Advantage of Bernstein polynomial basis

Question

The well-known "Bernstein polynomials" on the interval [0,1] are defined as
$$ B_{N,i}(x)=\binom{n}{i}x^{i}(1-x)^{n-i}, \ \ i=0,...,N. $$ My question is about advantage of these polynomials in approximation theory:

If fact, all of $B_{N,i}(x),\ \ i=0,...,n$ are polynomials exactly degree $n$, i.e. $$ B_{N,0}(x)=(1-x)^{n},\ ...., B_{N,N}(x)=x^n, $$
but in other polynomials such as Legendre polynomials the n-th polynomial is of degree $n$. Is it an advantage of Bernestion polynomials that every of them is exactly degree n?

Answer 1

I assume your question is about the advantage of Bernstein polynomials compared with Legendre polynomials.

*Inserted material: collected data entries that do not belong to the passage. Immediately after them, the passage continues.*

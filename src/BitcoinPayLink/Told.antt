-- ===== src/BitcoinPayLink/Told.antt =====
-- What `resultFromPayment` of sovereign/src/pay/bitcoin-pay-link.ts tells of the rows that
-- sovereign/src/pay.ts leaves behind.
use cashloom.Prelude.{◌≡◌, refl, Bool, true, false, none, some, List, [], ◌∷◌, Text}
use cashloom.Payments.{Payment, PaymentStatus, status_eq}
use cashloom.Pay.{PayDb}
use cashloom.Pay.Claim.{Claimed, payment_of}
use cashloom.Pay.Settle.{
  SendOutcome, Recording, set_where, on_signed, on_signed_all, set_error, set_failed, set_broadcast,
  write_note, note, record_sent, settle,
}
use cashloom.Pay.Status.{payment_of-id}
use cashloom.Pay.Outcomes.{set_where-found}
use cashloom.BitcoinPayLink.{ExecutionStatus}
use cashloom.BitcoinPayLink.Asserts.{is_non_null}
use cashloom.BitcoinPayLink.Stored.{execution_status, result_from_payment}

-- What the payer is to be told of a send that signed these transactions and ended like this: a
-- failure only if nothing was signed, and a broadcast only if the row says so.
pub told_status : List Text → SendOutcome → Recording → ExecutionStatus
told_status signed (SendOutcome.ambiguous external_id message) recording =
    ExecutionStatus.broadcast_unknown
told_status [] (SendOutcome.refused message) recording = ExecutionStatus.failed
told_status (t ∷ ts) (SendOutcome.refused message) recording = ExecutionStatus.broadcast_unknown
told_status signed (SendOutcome.sent external_id total_out) (Recording.status_write_threw m w) =
    ExecutionStatus.broadcast_unknown
told_status signed (SendOutcome.sent external_id total_out) recording = ExecutionStatus.broadcast

-- The payment's row stands in the table, with this status, and with a transaction or without.
abbrev HasRow : Text → PaymentStatus → Bool → PayDb → Type 0
HasRow id s signed db =
    (p : Payment) × (payment_of id db.payments ≡ some p)
    × (p.status ≡ s)
    × (is_non_null p.tx_hash ≡ signed)

set_where-HasRow :
    (id : Text) (f : Payment → Payment) (s t : PaymentStatus) (a b : Bool) (db : PayDb)
    → ((x : Payment) → (f x).id ≡ x.id)
    → ((x : Payment) → x.status ≡ s → (f x).status ≡ t)
    → ((x : Payment) → is_non_null x.tx_hash ≡ a → is_non_null (f x).tx_hash ≡ b)
    → HasRow id s a db
    → HasRow id t b (set_where id f db)
set_where-HasRow id f s t a b db same becomes signs (p, found, e, signed) =
    (f p, set_where-found id f db p same found, becomes p e, signs p signed)

write_note-HasRow :
    (id external_id message : Text) (written : Bool) (now : Text) (s : PaymentStatus) (a : Bool)
    (db : PayDb)
    → HasRow id s a db
    → HasRow id s a (write_note id external_id message written now db)
unfolding write_note
write_note-HasRow id external_id message true now s a db h =
    set_where-HasRow id (set_error (note external_id message) now) s s a a db (λ x. refl) (λ x e. e)
      (λ x e. e) h
write_note-HasRow id external_id message false now s a db h = h

abbrev is_signed : List Text → Bool
is_signed [] = false
is_signed (t ∷ ts) = true

on_signed_all-HasRow :
    (id : Text) (ts : List Text) (now : Text) (s : PaymentStatus) (db : PayDb)
    → HasRow id s true db
    → HasRow id s true (on_signed_all id ts now db)
unfolding on_signed_all on_signed
on_signed_all-HasRow id [] now s db h = h
on_signed_all-HasRow id (t ∷ ts) now s db h =
    on_signed_all-HasRow id ts now s (on_signed id t now db)
      (set_where-HasRow id _ s s true true db (λ x. refl) (λ x e. e) (λ x e. refl) h)

first_signed-HasRow :
    (id : Text) (ts : List Text) (now : Text) (s : PaymentStatus) (db : PayDb)
    → HasRow id s false db
    → HasRow id s (is_signed ts) (on_signed_all id ts now db)
unfolding on_signed_all on_signed
first_signed-HasRow id [] now s db h = h
first_signed-HasRow id (t ∷ ts) now s db h =
    on_signed_all-HasRow id ts now s (on_signed id t now db)
      (set_where-HasRow id _ s s false true db (λ x. refl) (λ x e. e) (λ x e. refl) h)

-- The row that the end of the send leaves: its status, and whether it has a transaction.
abbrev Left : List Text → SendOutcome → Recording → PaymentStatus × Bool
Left ts (SendOutcome.ambiguous external_id message) recording =
    (PaymentStatus.confirmed, is_signed ts)
Left ts (SendOutcome.refused message) recording = (PaymentStatus.failed, is_signed ts)
Left ts (SendOutcome.sent external_id total_out) (Recording.status_write_threw m w) =
    (PaymentStatus.confirmed, is_signed ts)
Left ts (SendOutcome.sent external_id total_out) recording = (PaymentStatus.broadcast, true)

settle-HasRow :
    (c : Claimed) (ts : List Text) (outcome : SendOutcome) (recording : Recording)
    (new_id now : Text) (db : PayDb)
    → HasRow c.row.id PaymentStatus.confirmed (is_signed ts) db
    → HasRow c.row.id
        (Left ts outcome recording).0
        (Left ts outcome recording).1
        (settle c outcome recording new_id now db).1
unfolding settle record_sent
settle-HasRow c ts (SendOutcome.ambiguous external_id message) recording new_id now db h =
    set_where-HasRow c.row.id (set_error message now) _ _ _ _ db (λ x. refl) (λ x e. e) (λ x e. e) h
settle-HasRow c ts (SendOutcome.refused message) recording new_id now db h =
    set_where-HasRow c.row.id (set_failed message now) _ _ _ _ db (λ x. refl) (λ x e. refl)
      (λ x e. e) h
settle-HasRow c ts (SendOutcome.sent external_id total_out) Recording.recorded new_id now db h =
    set_where-HasRow c.row.id (set_broadcast external_id now) _ _ _ _ db (λ x. refl) (λ x e. refl)
      (λ x e. refl) h
settle-HasRow c ts (SendOutcome.sent external_id total_out) (Recording.status_write_threw m w)
      new_id now db h =
    write_note-HasRow c.row.id external_id m w now _ _ db h
settle-HasRow c ts (SendOutcome.sent external_id total_out) (Recording.ledger_write_threw m w)
      new_id now db h =
    write_note-HasRow c.row.id external_id m w now _ _ _ (
      set_where-HasRow c.row.id (set_broadcast external_id now) _ PaymentStatus.broadcast _ true db
        (λ x. refl) (λ x e. refl) (λ x e. refl) h)

row_told :
    (ts : List Text) (outcome : SendOutcome) (recording : Recording) (p : Payment)
    → p.status ≡ (Left ts outcome recording).0
    → is_non_null p.tx_hash ≡ (Left ts outcome recording).1
    → execution_status p ≡ told_status ts outcome recording
unfolding execution_status status_eq told_status
row_told ts (SendOutcome.ambiguous external_id message) recording p s t = rw s refl
row_told [] (SendOutcome.refused message) recording p s t = rw (s, t) refl
row_told (x ∷ ts) (SendOutcome.refused message) recording p s t = rw (s, t) refl
row_told ts (SendOutcome.sent external_id total_out) Recording.recorded p s t = rw s refl
row_told ts (SendOutcome.sent external_id total_out) (Recording.status_write_threw m w) p s t =
    rw s refl
row_told ts (SendOutcome.sent external_id total_out) (Recording.ledger_write_threw m w) p s t =
    rw s refl

-- After the one send of a claimed payment, whose row is confirmed and has no transaction yet, the row
-- is still there, and the result that is read from it tells the table above: a failure exactly when
-- the sender refused before it signed anything, a broadcast exactly when the row was marked so, and
-- otherwise an unknown outcome.
pub settle-result_from_payment :
    (c : Claimed) (ts : List Text) (outcome : SendOutcome) (recording : Recording)
    (new_id now review_id : Text) (db : PayDb) (p : Payment)
    → payment_of c.row.id db.payments ≡ some p
    → p.status ≡ PaymentStatus.confirmed
    → p.tx_hash ≡ none
    → (q : Payment) × (payment_of c.row.id
          (settle c outcome recording new_id now (on_signed_all c.row.id ts now db)).1.payments
        ≡ some q)
      × ((result_from_payment q review_id).payment_id ≡ c.row.id)
      × ((result_from_payment q review_id).status ≡ told_status ts outcome recording)
unfolding result_from_payment
settle-result_from_payment c ts outcome recording new_id now review_id db p found confirmed
      unsigned =
    let (q, left, s, t) =
      settle-HasRow c ts outcome recording new_id now (on_signed_all c.row.id ts now db) (
        first_signed-HasRow c.row.id ts now PaymentStatus.confirmed db
          (p, found, confirmed, rw unsigned refl)) in
    (q, left, payment_of-id c.row.id _ q left, row_told ts outcome recording q s t)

For numerical applications, there is no advantage. The convergence speed of Bernstein polynomials for continuous function approximation is very bad!

Usually, Bernstein polynomials are introduced in approximation theory lectures to prove the theorem of Weierstraß:

For each $f \in C[a, b]$ and each $\varepsilon > 0$ there is a polynomial $p$ so that $\|f − p\|_{\infty} < \varepsilon$.

The proof uses the fact that the Bernstein polynomials form a Korovkin sequence.

For practical applications, the Chebyshev polynomials are much more important than the Bernstein or Legendre polynomials.